Players who suffer from speed glue nostalgia think mark v is still a good rubber. It isn't. Ask somebody from your club who uses any proper modern rubber if you can have their old worn-out sheets when they change them. Tenergy, evolution, bluefire, fastarc, rasanter, xiom omega or vega, it really doesn't matter. They are all modern rubbers thst make adequate speed and spin. Even a dead worn-out sheet of any of those will perform better than your mark v. And $0 is less than $20, so bonus points.

Hmm, most players in my club use ALC blades and max. Tensor rubbers/Tenergy.

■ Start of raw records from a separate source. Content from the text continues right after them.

-- ===== src/Iotop/Pids/Listing.antt =====
-- Which process numbers iotop-master/src/utils.c generates.
use reading_comment.Common.{
  ℕ, zero, suc, ◌+◌, ◌*◌, ◌<◌, ◌≤◌, ◌≡◌, ◌⊎◌, inl, inr, refl, ap, Bool, true, false, Option, none,
  some, List, [], ◌∷◌, ◌++◌, length, arith, Bool-cases, Option-cases, ◌==◌, if◌then◌else◌, ltb,
  ◌&&◌, ◌^◌,
}
use reading_comment.Common.Bytes.{Bytes}
use reading_comment.Iotop.Pids.{
  strtol, whole, __next_pid, Pidgen, not_positive, cons_pid, pidgen_next, all_pids,
}

abbrev is_empty : Bytes → Bool
is_empty [] = true
is_empty (c ∷ s) = false

-- The names that `strtol` reads to their end, as numbers.
abbrev pub numbers : List Bytes → List ℕ
numbers [] = []
numbers (name ∷ dir) =
    if is_empty (strtol name).1 then (strtol name).0 ∷ numbers dir else numbers dir

-- An `int` from 1 to 2^31 - 1
abbrev pub is_positive : ℕ → Bool
is_positive n = ltb 0 n && ltb n (2 ^ 31)

-- Up to the first that is not positive.
abbrev pub positives : List ℕ → List ℕ
positives [] = []
positives (n ∷ ns) = if is_positive n then n ∷ positives ns else []

whole-none : (r : ℕ × Bytes) → whole r ≡ none → is_empty r.1 ≡ false
unfolding whole
whole-none (n, []) h = absurd (ground (arith, h))
whole-none (n, c ∷ s) h = refl

whole-some : (r : ℕ × Bytes) (pid : ℕ) → whole r ≡ some pid → (is_empty r.1 ≡ true) × (r.0 ≡ pid)
unfolding whole
whole-some (n, []) pid h = ground (arith, h)
whole-some (n, c ∷ s) pid h = absurd (ground (arith, h))

is_positive-no : (p : ℕ) → not_positive p ≡ true → is_positive p ≡ false
is_positive-no p h = ground arith

is_positive-yes : (p : ℕ) → not_positive p ≡ false → is_positive p ≡ true
is_positive-yes p h = ground arith

abbrev pub entries : Option (List Bytes) → List ℕ
entries none = []
entries (some dir) = positives (numbers dir)

-- The threads of each process, up to a process 0.
abbrev pub threads : (ℕ → Option (List Bytes)) → List ℕ → List ℕ
threads opendir [] = []
threads opendir (p ∷ ps) = if p == 0 then [] else entries (opendir p) ++ threads opendir ps

module _ (opendir : ℕ → Option (List Bytes)) where
  abbrev pub listed : Bool → List ℕ → List ℕ
  listed true ps = threads opendir ps
  listed false ps = positives ps

  -- What a generator has still to give.
  abbrev pub pending : Pidgen → List ℕ
  pending pg = entries pg.task ++ listed pg.tasks (numbers pg.proc)

abbrev open_dirs : Option (List Bytes) → ℕ
open_dirs none = 0
open_dirs (some dir) = 1

-- How deep the recursion may go.
abbrev pub depth_of : Pidgen → ℕ
depth_of pg = 2 * length pg.proc + open_dirs pg.task

open_dirs-le : (o : Option (List Bytes)) → open_dirs o ≤ 1
open_dirs-le none = omega arith
open_dirs-le (some dir) = omega arith

positive-nonzero : (p : ℕ) → not_positive p ≡ false → (p == 0) ≡ false
positive-nonzero p h = ground arith

zero-not_positive : (p : ℕ) → (p == 0) ≡ true → not_positive p ≡ true
zero-not_positive p h = ground arith

next_number :
    (dir : List Bytes)
    → ((numbers dir ≡ []) × (__next_pid dir ≡ (0, [])))
      ⊎ ((p : ℕ) × (left : List Bytes) × (numbers dir ≡ p ∷ numbers left)
          × (__next_pid dir ≡ (p, left))
          × (length left < length dir))
unfolding __next_pid
next_number [] = inl (refl, refl)
next_number (name ∷ dir) = elim (Option-cases (whole (strtol name))) [
  | inr (p, e) ↦
      let (empty, same) = whole-some (strtol name) p e in
      inr (p, dir, rw (empty, same) refl, ground (arith, e), omega arith)
  | inl e ↦ elim (next_number dir) [
    | inl (f, g) ↦ inl (rw (whole-none (strtol name) e) f, ground (arith, e, g))
    | inr (p, left, f, g, h) ↦
        inr (p, left, rw (whole-none (strtol name) e) f, ground (arith, e, g), omega (arith, h))
  ]
]

module _ (opendir : ℕ → Option (List Bytes)) where
  -- What a call of `pidgen_next` returns, where `l` is left to give: the first of `l`, or no positive
  -- number.
  abbrev Yields : Option (ℕ × Pidgen) → List ℕ → ℕ → Type 0
  Yields none l n = ⊥
  Yields (some (pid, pg)) [] n = not_positive pid ≡ true
  Yields (some (pid, pg)) (p ∷ l) n =
      (pid ≡ p) × (not_positive p ≡ false) × (pending opendir pg ≡ l) × (depth_of pg ≤ n)

  Yields-le : (o : Option (ℕ × Pidgen)) (l : List ℕ) (m n : ℕ) → m ≤ n → Yields o l m → Yields o l n
  Yields-le none l m n h y = y
  Yields-le (some (pid, pg)) [] m n h y = y
  Yields-le (some (pid, pg)) (p ∷ l) m n h (a, b, c, k) = (a, b, c, omega (arith, k, h))

  -- The recursion out of a directory that is used up
  module _ (depth : ℕ)
      (again : (pg : Pidgen)
        → depth_of pg < depth
        → Yields (pidgen_next opendir depth pg) (pending opendir pg) (depth_of pg)) where
    from_task :
        (proc dir : List Bytes) (tasks : Bool)
        → let pg : Pidgen = record { proc = proc; task = some dir; tasks = tasks } in
          depth_of pg < suc depth
          → Yields (pidgen_next opendir (suc depth) pg) (pending opendir pg) (depth_of pg)
    unfolding pidgen_next
    from_task proc dir tasks h =
        let pg : Pidgen = record { proc = proc; task = none; tasks = tasks } in
        elim (next_number dir) [
          | inl (f, g) ↦ rw (g, f) (Yields-le _ _ _ _ (omega arith) (again pg (omega arith)))
          | inr (p, left, f, g, k) ↦ elim (Bool-cases (not_positive p)) [
            | inl y ↦
                rw (g, f, y, is_positive-no p y)
                  (Yields-le _ _ _ _ (omega arith) (again pg (omega arith)))
            | inr n ↦ rw (g, f, n, is_positive-yes p n) (refl, n, refl, omega arith)
          ]
        ]

    from_proc :
        (proc : List Bytes) (tasks : Bool)
        → let pg : Pidgen = record { proc = proc; task = none; tasks = tasks } in
          depth_of pg < suc depth
          → Yields (pidgen_next opendir (suc depth) pg) (pending opendir pg) (depth_of pg)
    unfolding pidgen_next
    from_proc proc false h = elim (next_number proc) [
      | inl (f, g) ↦ rw (g, f) refl
      | inr (p, left, f, g, k) ↦ elim (Bool-cases (not_positive p)) [
        | inl y ↦ elim (Bool-cases (p == 0)) [
          | inl z ↦ rw (g, f, is_positive-no p y, z) y
          | inr z ↦ rw (g, f, is_positive-no p y, z) y
        ]
        | inr n ↦ rw (g, f, is_positive-yes p n, positive-nonzero p n) (refl, n, refl, omega arith)
      ]
    ]
    from_proc proc true h = elim (next_number proc) [
      | inl (f, g) ↦ rw (g, f) refl
      | inr (p, left, f, g, k) ↦ elim (Bool-cases (p == 0)) [
        | inl z ↦ rw (g, f, z) (zero-not_positive p z)
        | inr z ↦
            rw (g, f, z)
              (let pg : Pidgen = record { proc = left; task = opendir p; tasks = true } in
                let bound = open_dirs-le (opendir p) in
                Yields-le _ _ _ _ (omega (arith, bound, k)) (again pg (omega (arith, bound, k))))
      ]
    ]

  next-Yields :
      (depth : ℕ) (proc : List Bytes) (task : Option (List Bytes)) (tasks : Bool)
      → let pg : Pidgen = record { proc = proc; task = task; tasks = tasks } in
        depth_of pg < depth
        → Yields (pidgen_next opendir depth pg) (pending opendir pg) (depth_of pg)
  next-Yields zero proc task tasks h = absurd (omega arith)
  next-Yields (suc depth) proc none tasks h =
      from_proc depth (λ pg. next-Yields depth pg.proc pg.task pg.tasks) proc tasks h
  next-Yields (suc depth) proc (some dir) tasks h =
      from_task depth (λ pg. next-Yields depth pg.proc pg.task pg.tasks) proc dir tasks h

  pidgen_next-Yields :
      (depth : ℕ) (pg : Pidgen)
      → depth_of pg < depth
      → Yields (pidgen_next opendir depth pg) (pending opendir pg) (depth_of pg)
  pidgen_next-Yields depth pg = next-Yields depth pg.proc pg.task pg.tasks

  all_pids-step :
      (depth fuel : ℕ) (r : Option (ℕ × Pidgen)) (l : List ℕ) (n : ℕ)
      → Yields r l n
      → length l < suc fuel
      → ((pg : Pidgen)
          → depth_of pg ≤ n
          → length (pending opendir pg) < fuel
          → all_pids opendir depth fuel pg ≡ some (pending opendir pg))
      → (elim r [
        | none ↦ none
        | some (pid, pg') ↦
            if not_positive pid then some [] else cons_pid pid (all_pids opendir depth fuel pg')
      ])
        ≡ some l
  all_pids-step depth fuel none l n y h again = elim y [ ]
  all_pids-step depth fuel (some (pid, pg)) [] n y h again = rw y refl
  all_pids-step depth fuel (some (pid, pg)) (p ∷ l) n (same, positive, rest, bound) h again =
      let done = again pg bound (omega (arith, ap length rest)) in
      rw (same, positive, done, rest) refl

  all_pids-pending :
      (depth fuel : ℕ) (pg : Pidgen)
      → depth_of pg < depth
      → length (pending opendir pg) < fuel
      → all_pids opendir depth fuel pg ≡ some (pending opendir pg)
  unfolding all_pids
  all_pids-pending depth zero pg h k = absurd (omega arith)
  all_pids-pending depth (suc fuel) pg h k =
      all_pids-step depth fuel _ _ _ (pidgen_next-Yields depth pg h) k
        (λ pg' b l. all_pids-pending depth fuel pg' (omega arith) l)

  -- The numbers that `fetch_data` gets from a new generator over a directory, with a depth of more
  -- than twice its names, and a round for each number and one more: without PIDGEN_FLAGS_TASK the
  -- names that `strtol` reads to their end, and with it the threads in the directory of each of these
  -- that opens, in order, each list up to its first number that is not an `int` from 1 to 2^31 - 1.
  pub all_pids_lem :
      (tasks : Bool) (proc : List Bytes) (depth fuel : ℕ)
      → 2 * length proc < depth
      → length (listed opendir tasks (numbers proc)) < fuel
      → all_pids opendir depth fuel (record { proc = proc; task = none; tasks = tasks })
        ≡ some (listed opendir tasks (numbers proc))
  all_pids_lem tasks proc depth fuel h k =
      all_pids-pending depth fuel (record { proc = proc; task = none; tasks = tasks }) (omega arith)
        k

I can counter loop with most of them without beeing at a disadvantage. Some of them are easily over 2000 USATT playing Landesliga in Germany. Besides, if you can't keep your opponent from power-looping, you're in trouble anyway. My idea of table tennis is to prevent this - i.e. by using well placed receives, spin variations, etc. This is much easier done with slow, unbouncy, high control rubbers. Most of my opponents have huge problems opening up my backspin returns or chops, if they are really loaded. Not speaking of throwing in the occasional no-spin ball.

Btw, I've been using Sriver (some times speed-glued up to the speed glue ban) from the early '80s to 2013, VS>402 1,8, T05 1,7 and T05 1,9, Rozena 1,9 and Vega Pro 2,0 the last years, so I know what I'm talking about. Since going back to H3 I am MUCH more successful...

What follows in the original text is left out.